--- Action item ---
Your task is to repeat exactly the lines below between the line holding "pub last_heartbeat : DateTime" and the line holding "pub data EventType : Type 0 where", inclusive, and only those.

** Listed entries follows **

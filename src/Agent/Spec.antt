-- ===== src/Agent/Spec.antt =====
-- What internal/agent/findings.go demands of a submission, said without its list of problems.
use kube_cure.Prelude.{
  ◌≤◌, ℤ, pos, ◌≤ℤ◌, true, ◌≡◌, ◌≢◌, ◌⊎◌, inl, inr, List, [], ◌∷◌, length, All, arith, Bool-cases,
}
use kube_cure.Text.{Text, text_eq, text_eq_iff, trim_space}
use kube_cure.Api.Failure.{Action}
use kube_cure.Agent.Types.{Hypothesis}
use kube_cure.Agent.Findings.{RawHypothesis, ledger_get, in_ledger, is_allowed}

-- The identifier stands in the ledger.
abbrev pub Cited : List (Text × Text) → Text → Type 0
Cited [] id = ⊥
Cited ((key, kind) ∷ rest) id = (key ≡ id) ⊎ Cited rest id

abbrev pub OneOf : List Text → Text → Type 0
OneOf [] a = ⊥
OneOf (x ∷ xs) a = (x ≡ a) ⊎ OneOf xs a

abbrev pub ActionOk : List Text → Action → Type 0
ActionOk allowed a = OneOf allowed a.type × (length a.value ≤ 253)

pub record Sound (ledger : List (Text × Text)) (allowed : List Text) (cause : Text) (confidence : ℤ)
    (citations : List Text) (actions : List Action) : Type 0 where
  pub explained : cause ≢ []
  pub brief : length cause ≤ 2048
  pub nonnegative : pos 0 ≤ℤ confidence
  pub percent : confidence ≤ℤ pos 100
  pub supported : citations ≢ []
  pub cited : All (Cited ledger) citations
  pub permitted : All (ActionOk allowed) actions

-- A hypothesis as submitted.
abbrev pub RawOk : List (Text × Text) → List Text → RawHypothesis → Type 0
RawOk ledger allowed h =
    Sound ledger allowed (trim_space h.root_cause) h.confidence_percent h.evidence_citations
      h.proposed_actions

-- A hypothesis as reported.
abbrev pub HypothesisOk : List (Text × Text) → List Text → Hypothesis → Type 0
HypothesisOk ledger allowed h =
    Sound ledger allowed h.root_cause h.confidence_percent h.evidence_citations h.proposed_actions

abbrev pub SubmissionOk : List (Text × Text) → List Text → List RawHypothesis → Type 0
SubmissionOk ledger allowed hs = (1 ≤ length hs) × (length hs ≤ 5) × All (RawOk ledger allowed) hs

pub in_ledger-Cited :
    (ledger : List (Text × Text)) (id : Text) → in_ledger ledger id ≡ true → Cited ledger id
unfolding in_ledger ledger_get
in_ledger-Cited [] id h = ground arith
in_ledger-Cited ((key, kind) ∷ rest) id h = elim (Bool-cases (text_eq key id)) [
  | inl e ↦ inl ((text_eq_iff key id).0 e)
  | inr e ↦ inr (in_ledger-Cited rest id (ground arith))
]

pub Cited-in_ledger :
    (ledger : List (Text × Text)) (id : Text) → Cited ledger id → in_ledger ledger id ≡ true
unfolding in_ledger ledger_get
Cited-in_ledger [] id h = absurd h
Cited-in_ledger ((key, kind) ∷ rest) id (inl e) = ground (arith, text_eq_iff key id)
Cited-in_ledger ((key, kind) ∷ rest) id (inr h) = ground (arith, Cited-in_ledger rest id h)

pub is_allowed-OneOf :
    (allowed : List Text) (a : Text) → is_allowed allowed a ≡ true → OneOf allowed a
unfolding is_allowed
is_allowed-OneOf [] a h = ground arith
is_allowed-OneOf (x ∷ xs) a h = elim (Bool-cases (text_eq x a)) [
  | inl e ↦ inl ((text_eq_iff x a).0 e)
  | inr e ↦ inr (is_allowed-OneOf xs a (ground arith))
]

pub OneOf-is_allowed :
    (allowed : List Text) (a : Text) → OneOf allowed a → is_allowed allowed a ≡ true
unfolding is_allowed
OneOf-is_allowed [] a h = absurd h
OneOf-is_allowed (x ∷ xs) a (inl e) = ground (arith, text_eq_iff x a)
OneOf-is_allowed (x ∷ xs) a (inr h) = ground (arith, OneOf-is_allowed xs a h)
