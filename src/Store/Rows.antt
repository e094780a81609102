-- ===== src/Store/Rows.antt =====
-- The rows of the tables of lobby-server/migrations, as far as the code reads and writes them.
-- A text column that holds the name of an enum's variant is that enum.
use steam_lobby.Prelude.{ℕ, String, Bool, Option}
use steam_lobby.Core.Types.{Uuid, PlayerId, Token, DateTime, PlayerState, MatchDifficulty}
use steam_lobby.Core.Error.{Code}
use steam_lobby.Ranked.Types.{
  SessionKind, CommandStatus, RelativeOutcome, RankedCommand, Umvc3Phase, StoredOutcome,
  TerminalReason, RequeueDecision,
}

pub record UserRow : Type 0 where
  pub display_name : String
  pub token_version : ℕ

pub record PlayerStateRow : Type 0 where
  pub state : PlayerState
  pub last_heartbeat : DateTime
  pub active_match_token : Option Token

-- A row of match_reports under its match.
pub record ReportRow : Type 0 where
  pub reporting_player : PlayerId
  pub winner : Option PlayerId
  pub demo_hash : Option String
  pub outcome : Option RelativeOutcome
  pub score : Option String
  pub checksum : Option String
  pub end_frame : Option ℕ

pub record ResultRow (R : Type 0) : Type 0 where
  pub outcome : StoredOutcome
  pub mu_change_a : Option R
  pub mu_change_b : Option R

pub data EventType : Type 0 where
  paired accepted declined lobby_published phase_changed command_result : EventType
  resolved disputed phase_expired : EventType

-- The JSON payloads that the code builds.
pub data Payload (R : Type 0) : Type 0 where
  empty : Payload R
  pairing : (opponent : Uuid) (creates : Bool) (deadline : DateTime) (attempt : Uuid) → Payload R
  lobby : Option String → Uuid → Payload R
  phase : Umvc3Phase → ℕ → Option DateTime → Uuid → Payload R
  expiry : TerminalReason → RequeueDecision → Payload R
  receipt : Uuid → CommandStatus → Option Code → Payload R
  result : StoredOutcome → Option R → Payload R

pub record EventRow (R : Type 0) : Type 0 where
  pub match_token : Token
  pub event_type : EventType
  pub actor : Option Uuid
  -- the recipient and its sequence number, both or neither (match_events_recipient_sequence_pair_check)
  pub recipient : Option (Uuid × ℕ)
  pub payload : Payload R

pub record QueueRow (R : Type 0) : Type 0 where
  pub user_id : PlayerId
  pub game_mode : String
  pub match_difficulty : MatchDifficulty
  pub mu : R
  pub queued_at : DateTime
  pub lease_expires_at : Option DateTime

pub record Umvc3Row : Type 0 where
  pub phase : Umvc3Phase
  pub terminal_reason : Option TerminalReason
  pub phase_version : ℕ
  pub next_command_sequence : ℕ
  pub phase_deadline : Option DateTime
  pub attempt_id : Uuid
  pub lobby_id : Option String
  pub trying_a : Bool
  pub trying_b : Bool
  pub connect_local_a : Bool
  pub connect_peer_a : Bool
  pub connect_local_b : Bool
  pub connect_peer_b : Bool
  pub ready_a : Bool
  pub ready_b : Bool
  pub abandon_vote_a : Option Uuid
  pub abandon_vote_b : Option Uuid
  pub original_queued_at_a : DateTime
  pub original_queued_at_b : DateTime

pub record InboxRow : Type 0 where
  pub session_kind : SessionKind
  pub session_id : Uuid
  pub command_id : Uuid
  pub receipt : Uuid
  pub user_id : Uuid
  pub user_sequence : Option ℕ
  pub match_token : Option Token
  pub match_sequence : Option ℕ
  pub expected_phase_version : Option ℕ
  pub payload : RankedCommand
  pub status : CommandStatus
  pub error_code : Option Code
  pub processed_event_sequence : Option ℕ
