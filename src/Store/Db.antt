-- ===== src/Store/Db.antt =====
-- The database, the clock and the source of random UUIDs, as one state.
--
-- A table with a one-column primary key is the map from the key to the row; `ratings` has the key
-- (user, mode), and `reports` holds the rows of each match in the order in which they came.
-- `now` is both `NOW()` and `Utc::now()`, and stands still while one operation runs.
use steam_lobby.Prelude.{ℕ, ◌+◌, String, Option, List, Table}
use steam_lobby.Core.Types.{Uuid, DateTime, Token, OpenSkillRating, MatchInfo}
use steam_lobby.Core.Error.{ok}
use steam_lobby.Core.Action.{Action}
use steam_lobby.Store.Rows.{
  UserRow, PlayerStateRow, ReportRow, ResultRow, EventRow, QueueRow, Umvc3Row, InboxRow,
}

pub record Db (R : Type 0) : Type 0 where
  pub now : DateTime
  pub entropy : ℕ → Uuid
  pub drawn : ℕ
  pub users : Table UserRow
  pub player_state : Table PlayerStateRow
  pub ratings : ℕ → String → Option (OpenSkillRating R)
  pub tokens : List Token
  pub matches : Table MatchInfo
  pub reports : Token → List ReportRow
  pub results : Table (ResultRow R)
  pub events : List (EventRow R)
  pub queue : List (QueueRow R)
  pub umvc3 : Table Umvc3Row
  pub inbox : List InboxRow
  pub command_counters : Table ℕ
  pub event_counters : Table ℕ

-- `Uuid::new_v4()`
abbrev pub new_v4 : {R : Type 0} → Action (Db R) Uuid
new_v4 s = (ok (s.entropy s.drawn), record s { drawn = s.drawn + 1 })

** End of Listed entries **

--- Output of the exercise ---
  pub last_heartbeat : DateTime
  pub active_match_token : Option Token

-- A row of match_reports under its match.
pub record ReportRow : Type 0 where
  pub reporting_player : PlayerId
  pub winner : Option PlayerId
  pub demo_hash : Option String
  pub outcome : Option RelativeOutcome
  pub score : Option String
  pub checksum : Option String
  pub end_frame : Option ℕ

pub record ResultRow (R : Type 0) : Type 0 where
  pub outcome : StoredOutcome
  pub mu_change_a : Option R
  pub mu_change_b : Option R

pub data EventType : Type 0 where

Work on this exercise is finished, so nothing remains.